Motion of the center of mass: apply the forces at the CM, namely the friction force f , and the string force S . We choose the same sign for both forces and let the calculationd decide which way the friction force will point..

> eq1:=M*Xdd=S+f;

For pure rolling we can apply the torque about the contact point. The arm length is given by 2 R . Tdd is the 2nd derivative of the rotation angle. The friction f contributes no torque, given that the arm length is zero.

> eq2:=I_O*Tdd=2*R*S;

The height of the mass falling under gravity is given by Y . We choose a different mass m for the bob attached to the rope.

> eq3:=m*Ydd=m*g-S;

The CM motion X is linked to the angular rotation in perfect rolling without slip:

> eq4:=R*Tdd=Xdd;

We need to connect the fall with the unravelling of wire ( R*Tdd ), and with the motion of the CM.

> eq5:=Ydd=Xdd+R*Tdd;

How many equations/unknowns? The unknowns are: Ydd, Xdd, Tdd, S, f - so we should use five equations. Equation one is redundant for the determination of the motion, because we use the rotation equation about the point of contact. If we were to consider the Newton equation (angular momentum theorem) about the CM of the roll, the frictional torque would enter, and we would need to determine it as well. In the present case we use the first equation to determine the friction force.
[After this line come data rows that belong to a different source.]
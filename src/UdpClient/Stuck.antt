-- ===== src/UdpClient/Stuck.antt =====
-- A disconnected client whose socket is open, as a connect that fails after its first call leaves it:
-- nothing closes the socket again.
pub mod Steps
pub mod Failure
use kernel_udp_tcp.Prelude.{
  ℕ, ◌≡◌, refl, ap, subst, sym, Bool, true, false, not, List, ◌∷◌, ◌++◌, Option, none, some, ◌⊎◌,
  inl, inr, length, drop, arith, ◌||◌, if◌then◌else◌,
}
use kernel_udp_tcp.Asio.{
  Asio, Bytes, OpenLaws, InternetProtocol, Text, ErrorCode, SocketOption, already_open,
  invalid_argument, is_reported, Endpoint, unsigned_short,
}
use kernel_udp_tcp.Asio.Action.{
  Act, Outcome, ok, throw, ◌>>=◌, ◌>>◌, state, when, skip, modify, pure, state->>=, state-if,
  state-void,
}
use kernel_udp_tcp.UdpClient.{
  UdpClient, Overrides, Callback, on_error, on_disconnected, Task, connect_handler, resolve_handler,
  disconnect_handler, join_handler, leave_handler, async_resolve, async_send_to, async_receive_from,
  on_socket, call_back, send_error, submit, is_positive,
}
use kernel_udp_tcp.UdpClient.Connection.{
  open_and_bind, size_receive_buffer, opened, connect_to, connect, connect_resolved, disconnect,
  reconnect, connect_async, connect_resolved_async, disconnect_async, unresolved, run_connect,
  run_resolve, run_resolved, run_disconnect, is_empty, service_of,
}
use kernel_udp_tcp.UdpClient.Multicast.{join, leave, join_async, leave_async}
use kernel_udp_tcp.UdpClient.Send.{send_to, send, send_timed, send_async, run_send}
use kernel_udp_tcp.UdpClient.Step.{
  connect_call, disconnect_call, reconnect_call, connect_async_call, disconnect_async_call,
  connect_resolved_call, connect_resolved_async_call, join_call, leave_call, join_async_call,
  leave_async_call, send_call, send_to_call, send_timed_call, send_async_call, receive_call,
  receive_timed_call, receive_async_call, setup_reuse_address, setup_reuse_port, setup_multicast,
  calls, runs, here, next, Call, Completion, perform, run_task, Step, Reach,
}
use kernel_udp_tcp.UdpClient.Receive.{
  receive, receive_timed, receive_async, try_receive, run_receive,
}

module _ {Socket : Type 0} (asio : Asio Socket) (IsOpen : Socket → Type 0)
    (laws : OpenLaws asio IsOpen) where
  -- Disconnected, with the socket open.
  pub record Stuck (s : UdpClient Socket) : Type 0 where
    pub disconnected : s.connected ≡ false
    pub open_socket : IsOpen s.socket

  pub on_socket-Stuck :
      (f : Socket → Socket × Option ErrorCode) (s : UdpClient Socket)
      → ((k : Socket) → IsOpen k → IsOpen (f k).0)
      → Stuck s
      → Stuck (state (on_socket f s))
  on_socket-Stuck f s keep h = go (f s.socket) (keep s.socket h.open_socket)
    where
      go :
          (r : Socket × Option ErrorCode)
          → IsOpen r.0
          → Stuck (
              state {S = UdpClient Socket} {A = Unit {0}} (elim (r.1) [
                | none ↦ ok tt (record s { socket = r.0 })
                | some e ↦ throw e (record s { socket = r.0 })
              ]))
      go (k, none) o = record { disconnected = h.disconnected; open_socket = o }
      go (k, some e) o = record { disconnected = h.disconnected; open_socket = o }

  module _ (on : Overrides Socket)
      (keeps : (c : Callback) (s : UdpClient Socket) → Stuck s → Stuck (state (on c s))) where
    pub connect_to-Stuck :
        (e : Endpoint) (s : UdpClient Socket)
        → Stuck s
        → connect_to asio on e s ≡ throw already_open (record s { endpoint = e })
    unfolding connect_to open_and_bind
    connect_to-Stuck e s h = ground (arith, laws.refuses e.protocol s.socket h.open_socket)

    pub submitted : (t : Task) (s : UdpClient Socket) → Stuck s → Stuck (submit t s)
    submitted t s h = record { disconnected = h.disconnected; open_socket = h.open_socket }

    -- A disconnected client returns at the guard.
    pub guard-Stuck {ℓ} :
        {A : Type ℓ} (a : A) (x : Outcome (UdpClient Socket) A) (s : UdpClient Socket)
        → Stuck s
        → Stuck (state (if not s.connected then ok a s else x))
    guard-Stuck a x s h = simp (h.disconnected) h

    connect_to_keeps :
        (e : Endpoint) (s : UdpClient Socket) → Stuck s → Stuck (state (connect_to asio on e s))
    connect_to_keeps e s h =
        subst (λ o. Stuck (state o)) (sym (connect_to-Stuck e s h))
          (record { disconnected = h.disconnected; open_socket = h.open_socket })

    called : (c : Callback) (s : UdpClient Socket) → Stuck s → Stuck (state (call_back on c s))
    called c s h =
        keeps c (record s { calls = c ∷ s.calls })
          (record { disconnected = h.disconnected; open_socket = h.open_socket })

    pub connect_keeps : (s : UdpClient Socket) → Stuck s → Stuck (state (connect asio on s))
    unfolding connect
    connect_keeps s h =
        state-if Stuck (is_empty s.address) _ _ (λ _. h)
          (λ _.
            state-if Stuck (not (is_positive s.port)) _ _ (λ _. h)
              (λ _.
                state-if Stuck s.connected _ _ (λ _. h) (λ _. go (asio.make_address s.address))))
      where
        go :
            (o : Option (InternetProtocol × Text))
            → Stuck (
                state {S = UdpClient Socket} {A = Bool} (elim o [
                  | none ↦ throw invalid_argument s
                  | some (protocol, host) ↦
                      (connect_to asio on (record {
                        protocol = protocol;
                        address = host;
                        port = unsigned_short s.port;
                      })
                          >> pure true)
                        s
                ]))
        go none = h
        go (some (protocol, host)) =
            let e : Endpoint = record {
              protocol = protocol;
              address = host;
              port = unsigned_short s.port;
            } in
            state->>= Stuck (connect_to asio on e) (λ _. pure true) s (connect_to_keeps e s h)
              (λ _ _ k. k)

    error_keeps :
        (b : Bool) (e : ErrorCode) (s : UdpClient Socket)
        → Stuck s
        → Stuck (state (when b (call_back on (on_error e)) s))
    error_keeps true e s h = called (on_error e) s h
    error_keeps false e s h = h

    -- An error and the end of a resolution only call the virtual methods.
    unresolved_keeps :
        (e : ErrorCode) (s : UdpClient Socket) → Stuck s → Stuck (state (unresolved asio on e s))
    unfolding unresolved
    unresolved_keeps e s h =
        state->>= Stuck (send_error on e) (λ _. call_back on on_disconnected) s
          (error_keeps (is_reported e) e s h) (λ _ t k. called on_disconnected t k)

    pub resolved_keeps :
        (answer : ErrorCode ⊎ Endpoint) (s : UdpClient Socket)
        → Stuck s
        → Stuck (
            state {S = UdpClient Socket} {A = Unit {0}} (elim answer [
              | inl e ↦ unresolved asio on e s
              | inr endpoint ↦ connect_to asio on endpoint s
            ]))
    resolved_keeps (inl e) s h = unresolved_keeps e s h
    resolved_keeps (inr endpoint) s h = connect_to_keeps endpoint s h

    pub connect_resolved_keeps :
        (present : Bool) (s : UdpClient Socket)
        → Stuck s
        → Stuck (state (connect_resolved asio on present s))
    unfolding connect_resolved
    connect_resolved_keeps present s h =
        state-if Stuck (not present) _ _ (λ _. h)
          (λ _.
            state-if Stuck (is_empty s.address) _ _ (λ _. h)
              (λ _.
                state-if Stuck (not (is_positive s.port)) _ _ (λ _. h)
                  (λ _.
                    state-if Stuck s.connected _ _ (λ _. h)
                      (λ _. go (asio.resolve s.address (service_of asio on s))))))
      where
        go :
            (answer : ErrorCode ⊎ Endpoint)
            → Stuck (
                state {S = UdpClient Socket} {A = Bool} (elim answer [
                  | inl e ↦ (unresolved asio on e >> pure false) s
                  | inr endpoint ↦ (connect_to asio on endpoint >> pure true) s
                ]))
        go (inl e) =
            state->>= Stuck (unresolved asio on e) (λ _. pure false) s (unresolved_keeps e s h)
              (λ _ _ k. k)
        go (inr endpoint) =
            state->>= Stuck (connect_to asio on endpoint) (λ _. pure true) s
              (connect_to_keeps endpoint s h) (λ _ _ k. k)

    pub reconnect_keeps :
        (done : Bool) (s : UdpClient Socket)
        → Stuck s
        → Stuck (state ((if done then connect asio on else pure false) s))
    reconnect_keeps true s h = connect_keeps s h
    reconnect_keeps false s h = h

    pub send_to_keeps :
        (e : Endpoint) (b : Option Bytes) (n : ℕ) (s : UdpClient Socket)
        → Stuck s
        → Stuck (state (send_to asio on e b n s))
    unfolding send_to
    send_to_keeps e none n s h = h
    send_to_keeps e (some b) n s h = guard-Stuck 0 _ s h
> sol:=solve({eq1,eq2,eq3,eq4,eq5},{Tdd,Xdd,Ydd,S,f});

Note that the friction force has the same sign as the string force, i.e., it is helping to propel the roll's CM forward.

> assign(sol);

> m:=1; M:=2; g:=10; R:=1;

> Ydd;

> Xdd;

> Tdd;

We want a graph of a circle with a radius vector indicating the location of a marker ( Tdd is the acceleration)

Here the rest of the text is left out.